● Exercise instructions
Repeat the entries that follow from start to finish, keeping every character.

[Dataset entries]
-- ===== src/Kernel/Outbox/Settled.antt =====
-- A dispatch cycle and the messages that it does not process.
use aiya_cms.Prelude.{
  seconds, ℕ, ◌+◌, ◌≡◌, ◌≢◌, ◌∙◌, refl, sym, ap, String, Option, none, some, List, [], ◌∷◌, arith,
  Bool-cases, Option-cases, inl, inr, ℕ_discrete,
}
use aiya_cms.Prelude.Table.{get, key-get}
use aiya_cms.Kernel.Errors.{permanent, Raised, classify_retry}
use aiya_cms.Kernel.Retry.{should_retry}
use aiya_cms.Kernel.Lease.{LeasedRow, row_id, due_ids}
use aiya_cms.Kernel.Lease.Claims.{claim_rows-keeps}
use aiya_cms.Kernel.Outbox.{
  claim_due, delivered, buried, mark_delivered, mark_retry, mark_dead, Database, Dispatcher, Moment,
  run_handlers, mark_fresh, conclude, Standing, held, stale, broken, standing, process, process_all,
  dispatch_cycle,
}
use aiya_cms.Kernel.Outbox.Delivery.{IsSettled, settled_is_not_due, settled_is_not_held, mark-other}

module _ {W : Type 0} where
  -- Every row but that of the id `m` is as it was.
  abbrev Leaves : ℕ → Database W → Database W → Type 0
  Leaves m d d' = (i : ℕ) → m ≢ i → get row_id i d'.messages ≡ get row_id i d.messages

  mark_fresh-Leaves :
      (m : ℕ) (marking : LeasedRow → List LeasedRow → List LeasedRow) (d d' : Database W)
      → ((i : ℕ) (fresh : LeasedRow)
          → fresh.id ≢ i
          → get row_id i (marking fresh d.messages) ≡ get row_id i d.messages)
      → mark_fresh m marking d ≡ some d'
      → Leaves m d d'
  unfolding mark_fresh
  mark_fresh-Leaves m marking d d' f h i ne = elim (Option-cases (get row_id m d.messages)) [
    | inl e ↦ absurd (ground arith)
    | inr (fresh, e) ↦
        let same : record d { messages = marking fresh d.messages } ≡ d' = ground arith in
        sym (ap (λ (x : Database W). get row_id i x.messages) same)
        ∙ f i fresh (λ p. ne (sym (key-get row_id m d.messages fresh e) ∙ p))
  ]

  conclude-Leaves :
      (env : Dispatcher W) (at : Moment) (message : LeasedRow) (failure : Option Raised)
      (d d' : Database W)
      → conclude env at message failure d ≡ some d'
      → Leaves message.id d d'
  unfolding conclude mark_delivered mark_retry mark_dead
  conclude-Leaves env at message none d d' h =
      mark_fresh-Leaves message.id mark_delivered d d'
        (λ i fresh ne. mark-other i fresh delivered d.messages (λ q. refl) ne) h
  conclude-Leaves env at message (some e) d d' h =
      elim (Bool-cases (should_retry env.retry_policy (classify_retry e) (message.attempts + 1))) [
        | inl c ↦
            mark_fresh-Leaves message.id _ d d'
              (λ i fresh ne. mark-other i fresh _ d.messages (λ q. refl) ne) (rw (c, conclude) at h)
        | inr c ↦
            mark_fresh-Leaves message.id _ d d'
              (λ i fresh ne.
                mark-other i fresh (buried (classify_retry e)) d.messages (λ q. refl) ne)
              (rw (c, conclude) at h)
      ]

  process-Leaves :
      (env : Dispatcher W) (owner : String) (at : Moment) (message : LeasedRow) (d d' : Database W)
      → process env owner at message d ≡ some d'
      → Leaves message.id d d'
  unfolding process mark_dead
  process-Leaves env owner at message d d' h i ne =
      by_standing (standing owner at.checked_at (get row_id message.id d.messages)) refl
    where
      by_standing :
          (c : Standing)
          → standing owner at.checked_at (get row_id message.id d.messages) ≡ c
          → get row_id i d'.messages ≡ get row_id i d.messages
      by_standing stale e =
          let same : d ≡ d' = ground (arith, rw (e, process) at h) in
          sym (ap (λ (x : Database W). get row_id i x.messages) same)
      by_standing broken e = absurd (ground (arith, rw (e, process) at h))
      by_standing held e = elim (Bool-cases (env.known_schema message.key)) [
        | inl k ↦
            let run = run_handlers (env.handlers_for message.key) message.subject d.world in
            conclude-Leaves env at message run.0 (record d { world = run.1 }) d'
              (rw k at (rw (e, process) at h)) i ne
        | inr k ↦
            mark_fresh-Leaves message.id _ d d'
              (λ j fresh other. mark-other j fresh (buried permanent) d.messages (λ q. refl) other)
              (rw k at (rw (e, process) at h)) i ne
      ]

  process-keeps :
      (env : Dispatcher W) (owner : String) (at : Moment) (message : LeasedRow) (d d' : Database W)
      (i : ℕ) (r : LeasedRow)
      → get row_id i d.messages ≡ some r
      → IsSettled r
      → process env owner at message d ≡ some d'
      → get row_id i d'.messages ≡ some r
  unfolding process
  process-keeps env owner at message d d' i r g s h = elim (ℕ_discrete message.id i) [
    | no ne ↦ process-Leaves env owner at message d d' h i ne ∙ g
    | yes e ↦
        let gone : standing owner at.checked_at (get row_id message.id d.messages) ≡ stale =
          ap (λ j. standing owner at.checked_at (get row_id j d.messages)) e
          ∙ ap (standing owner at.checked_at) g
          ∙ settled_is_not_held owner at.checked_at r s in
        let same : d ≡ d' = ground (arith, rw (gone, process) at h) in
        sym (ap (λ (x : Database W). get row_id i x.messages) same) ∙ g
  ]

  process_all-keeps :
      (env : Dispatcher W) (owner : String) (at : ℕ → Moment) (ms : List LeasedRow)
      (d d' : Database W) (i : ℕ) (r : LeasedRow)
      → get row_id i d.messages ≡ some r
      → IsSettled r
      → process_all env owner at ms d ≡ some d'
      → get row_id i d'.messages ≡ some r
  unfolding process_all
  process_all-keeps env owner at [] d d' i r g s h =
      let same : d ≡ d' = ground arith in
      sym (ap (λ (x : Database W). get row_id i x.messages) same) ∙ g
  process_all-keeps env owner at (m ∷ ms) d d' i r g s h =
      elim (Option-cases (process env owner (at m.id) m d)) [
        | inl e ↦ absurd (ground (arith, rw (e, process_all) at h))
        | inr (d1, e) ↦
            process_all-keeps env owner at ms d1 d' i r
              (process-keeps env owner (at m.id) m d d1 i r g s e) s (rw (e, process_all) at h)
      ]

  -- A message that is delivered or dead before a dispatch cycle of any worker is the same, column
  -- by column, after it, when the cycle ends without an exception.
  pub dispatch_cycle-IsSettled :
      (env : Dispatcher W) (batch lease_seconds now : ℕ) (owner : String) (at : ℕ → Moment)
      (d d' : Database W) (i : ℕ) (r : LeasedRow)
      → get row_id i d.messages ≡ some r
      → IsSettled r
      → dispatch_cycle env batch owner lease_seconds now at d ≡ some d'
      → get row_id i d'.messages ≡ some r
  unfolding dispatch_cycle claim_due
  dispatch_cycle-IsSettled env batch lease_seconds now owner at d d' i r g s h =
      process_all-keeps env owner at _ _ d' i r
        (claim_rows-keeps owner (now + seconds lease_seconds) now (due_ids now batch d.messages) i
          d.messages r g (settled_is_not_due now r s))
        s h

● Answer for the task
-- ===== src/Kernel/Outbox/Settled.antt =====
-- A dispatch cycle and the messages that it does not process.
use aiya_cms.Prelude.{
  seconds, ℕ, ◌+◌, ◌≡◌, ◌≢◌, ◌∙◌, refl, sym, ap, String, Option, none, some, List, [], ◌∷◌, arith,
  Bool-cases, Option-cases, inl, inr, ℕ_discrete,
}
use aiya_cms.Prelude.Table.{get, key-get}
use aiya_cms.Kernel.Errors.{permanent, Raised, classify_retry}
use aiya_cms.Kernel.Retry.{should_retry}
use aiya_cms.Kernel.Lease.{LeasedRow, row_id, due_ids}
use aiya_cms.Kernel.Lease.Claims.{claim_rows-keeps}
use aiya_cms.Kernel.Outbox.{
  claim_due, delivered, buried, mark_delivered, mark_retry, mark_dead, Database, Dispatcher, Moment,
  run_handlers, mark_fresh, conclude, Standing, held, stale, broken, standing, process, process_all,
  dispatch_cycle,
}
use aiya_cms.Kernel.Outbox.Delivery.{IsSettled, settled_is_not_due, settled_is_not_held, mark-other}

module _ {W : Type 0} where
  -- Every row but that of the id `m` is as it was.
  abbrev Leaves : ℕ → Database W → Database W → Type 0
  Leaves m d d' = (i : ℕ) → m ≢ i → get row_id i d'.messages ≡ get row_id i d.messages

  mark_fresh-Leaves :
      (m : ℕ) (marking : LeasedRow → List LeasedRow → List LeasedRow) (d d' : Database W)
      → ((i : ℕ) (fresh : LeasedRow)
          → fresh.id ≢ i
          → get row_id i (marking fresh d.messages) ≡ get row_id i d.messages)
      → mark_fresh m marking d ≡ some d'
      → Leaves m d d'
  unfolding mark_fresh
  mark_fresh-Leaves m marking d d' f h i ne = elim (Option-cases (get row_id m d.messages)) [
    | inl e ↦ absurd (ground arith)
    | inr (fresh, e) ↦
        let same : record d { messages = marking fresh d.messages } ≡ d' = ground arith in
        sym (ap (λ (x : Database W). get row_id i x.messages) same)
        ∙ f i fresh (λ p. ne (sym (key-get row_id m d.messages fresh e) ∙ p))
  ]

  conclude-Leaves :
      (env : Dispatcher W) (at : Moment) (message : LeasedRow) (failure : Option Raised)
      (d d' : Database W)
      → conclude env at message failure d ≡ some d'
      → Leaves message.id d d'
  unfolding conclude mark_delivered mark_retry mark_dead
  conclude-Leaves env at message none d d' h =
      mark_fresh-Leaves message.id mark_delivered d d'
        (λ i fresh ne. mark-other i fresh delivered d.messages (λ q. refl) ne) h
  conclude-Leaves env at message (some e) d d' h =
      elim (Bool-cases (should_retry env.retry_policy (classify_retry e) (message.attempts + 1))) [
        | inl c ↦
            mark_fresh-Leaves message.id _ d d'
              (λ i fresh ne. mark-other i fresh _ d.messages (λ q. refl) ne) (rw (c, conclude) at h)
        | inr c ↦
            mark_fresh-Leaves message.id _ d d'
              (λ i fresh ne.
                mark-other i fresh (buried (classify_retry e)) d.messages (λ q. refl) ne)
              (rw (c, conclude) at h)
      ]

  process-Leaves :
      (env : Dispatcher W) (owner : String) (at : Moment) (message : LeasedRow) (d d' : Database W)
      → process env owner at message d ≡ some d'
      → Leaves message.id d d'
  unfolding process mark_dead
  process-Leaves env owner at message d d' h i ne =
      by_standing (standing owner at.checked_at (get row_id message.id d.messages)) refl
    where
      by_standing :
          (c : Standing)
          → standing owner at.checked_at (get row_id message.id d.messages) ≡ c
          → get row_id i d'.messages ≡ get row_id i d.messages
      by_standing stale e =
          let same : d ≡ d' = ground (arith, rw (e, process) at h) in
          sym (ap (λ (x : Database W). get row_id i x.messages) same)
      by_standing broken e = absurd (ground (arith, rw (e, process) at h))
      by_standing held e = elim (Bool-cases (env.known_schema message.key)) [
        | inl k ↦
            let run = run_handlers (env.handlers_for message.key) message.subject d.world in
            conclude-Leaves env at message run.0 (record d { world = run.1 }) d'
              (rw k at (rw (e, process) at h)) i ne
        | inr k ↦
            mark_fresh-Leaves message.id _ d d'
              (λ j fresh other. mark-other j fresh (buried permanent) d.messages (λ q. refl) other)
              (rw k at (rw (e, process) at h)) i ne
      ]

  process-keeps :
      (env : Dispatcher W) (owner : String) (at : Moment) (message : LeasedRow) (d d' : Database W)
      (i : ℕ) (r : LeasedRow)
      → get row_id i d.messages ≡ some r
      → IsSettled r
      → process env owner at message d ≡ some d'
      → get row_id i d'.messages ≡ some r
  unfolding process
  process-keeps env owner at message d d' i r g s h = elim (ℕ_discrete message.id i) [
    | no ne ↦ process-Leaves env owner at message d d' h i ne ∙ g
    | yes e ↦
        let gone : standing owner at.checked_at (get row_id message.id d.messages) ≡ stale =
          ap (λ j. standing owner at.checked_at (get row_id j d.messages)) e
          ∙ ap (standing owner at.checked_at) g
          ∙ settled_is_not_held owner at.checked_at r s in
        let same : d ≡ d' = ground (arith, rw (gone, process) at h) in
        sym (ap (λ (x : Database W). get row_id i x.messages) same) ∙ g
  ]

  process_all-keeps :
      (env : Dispatcher W) (owner : String) (at : ℕ → Moment) (ms : List LeasedRow)
      (d d' : Database W) (i : ℕ) (r : LeasedRow)
      → get row_id i d.messages ≡ some r
      → IsSettled r
      → process_all env owner at ms d ≡ some d'
      → get row_id i d'.messages ≡ some r
  unfolding process_all
  process_all-keeps env owner at [] d d' i r g s h =
      let same : d ≡ d' = ground arith in
      sym (ap (λ (x : Database W). get row_id i x.messages) same) ∙ g
  process_all-keeps env owner at (m ∷ ms) d d' i r g s h =
      elim (Option-cases (process env owner (at m.id) m d)) [
        | inl e ↦ absurd (ground (arith, rw (e, process_all) at h))
        | inr (d1, e) ↦
            process_all-keeps env owner at ms d1 d' i r
              (process-keeps env owner (at m.id) m d d1 i r g s e) s (rw (e, process_all) at h)
      ]

  -- A message that is delivered or dead before a dispatch cycle of any worker is the same, column
  -- by column, after it, when the cycle ends without an exception.
  pub dispatch_cycle-IsSettled :
      (env : Dispatcher W) (batch lease_seconds now : ℕ) (owner : String) (at : ℕ → Moment)
      (d d' : Database W) (i : ℕ) (r : LeasedRow)
      → get row_id i d.messages ≡ some r
      → IsSettled r
      → dispatch_cycle env batch owner lease_seconds now at d ≡ some d'
      → get row_id i d'.messages ≡ some r
  unfolding dispatch_cycle claim_due
  dispatch_cycle-IsSettled env batch lease_seconds now owner at d d' i r g s h =
      process_all-keeps env owner at _ _ d' i r
        (claim_rows-keeps owner (now + seconds lease_seconds) now (due_ids now batch d.messages) i
          d.messages r g (settled_is_not_due now r s))
        s h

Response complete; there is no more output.